Give again, word for word, each line below starting at the one that contains "member room name rooms = lookup" and ending at the one that contains "String → String → Client".

____

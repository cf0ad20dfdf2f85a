-- ===== src/Chat.antt =====
-- chat_system: the rooms, the broadcasts, the event loop and the commands of the chat server.
pub mod Rooms
pub mod Broadcast
pub mod Print
pub mod Events
pub mod Lines
pub mod Examples
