-- ===== src/Chat/Rooms.antt =====
-- chat_system/internals/data/chat.go, and the maps Rooms and ClientLocations of cmd/api/main.go.
pub mod Laws
use system_design_implementa.Prelude.{
  ℕ, Bool, true, false, List, [], ◌∷◌, Option, none, some, String,
}
use system_design_implementa.Prelude.Assoc.{lookup, insert, remove}

-- A connection is its remote address, and a personal channel its number; none is nil.
pub record Client : Type 0 where
  pub conn : Option String
  pub name : String
  pub channel : Option ℕ

-- What a read of a missing key gives.
abbrev pub no_client : Client
no_client = record { conn = none; name = ""; channel = none }

abbrev pub Hub : Type 0
Hub = List (String × Client)

pub record State : Type 0 where
  pub rooms : List (String × Hub)
  pub locations : List (String × String)

-- Rooms[room], the nil map where the room is missing.
unfoldable pub hub : String → List (String × Hub) → Hub
hub room rooms = elim (lookup room rooms) [ none ↦ [] | some h ↦ h ]

-- Rooms[room][name], when it is there.
unfoldable pub member : String → String → List (String × Hub) → Option Client
unfolding hub
member room name rooms = lookup name (hub room rooms)

unfoldable pub member_or_zero : String → String → List (String × Hub) → Client
unfolding member
member_or_zero room name rooms = elim (member room name rooms) [ none ↦ no_client | some c ↦ c ]

unfoldable pub has_room : String → List (String × Hub) → Bool
has_room room rooms = elim (lookup room rooms) [ none ↦ false | some h ↦ true ]

-- delete(Rooms[room], name), which does nothing to a nil map.
unfoldable pub drop_member : String → String → List (String × Hub) → List (String × Hub)
drop_member room name rooms = elim (lookup room rooms) [
  | none ↦ rooms
  | some h ↦ insert room (remove name h) rooms
]

-- Rooms[room][name] = client; none is the panic of a write to a nil map.
unfoldable pub put_member :
    String → String → Client → List (String × Hub) → Option (List (String × Hub))
put_member room name client rooms = elim (lookup room rooms) [
  | none ↦ none
  | some h ↦ some (insert room (insert name client h) rooms)
]

-- `if Rooms[newRoom] == nil { Rooms[newRoom] = make(data.Hub) }`.
unfoldable pub ensure_room : String → List (String × Hub) → List (String × Hub)
ensure_room room rooms = elim (lookup room rooms) [ none ↦ insert room [] rooms | some h ↦ rooms ]

-- ClientLocations[name], "" where the name is missing.
unfoldable pub location : String → List (String × String) → String
location name locations = elim (lookup name locations) [ none ↦ "" | some room ↦ room ]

____

> [RESULT OF THIS TASK]:
member room name rooms = lookup name (hub room rooms)

unfoldable pub member_or_zero : String → String → List (String × Hub) → Client
unfolding member
member_or_zero room name rooms = elim (member room name rooms) [ none ↦ no_client | some c ↦ c ]

unfoldable pub has_room : String → List (String × Hub) → Bool
has_room room rooms = elim (lookup room rooms) [ none ↦ false | some h ↦ true ]

-- delete(Rooms[room], name), which does nothing to a nil map.
unfoldable pub drop_member : String → String → List (String × Hub) → List (String × Hub)
drop_member room name rooms = elim (lookup room rooms) [
  | none ↦ rooms
  | some h ↦ insert room (remove name h) rooms
]

-- Rooms[room][name] = client; none is the panic of a write to a nil map.
unfoldable pub put_member :
    String → String → Client → List (String × Hub) → Option (List (String × Hub))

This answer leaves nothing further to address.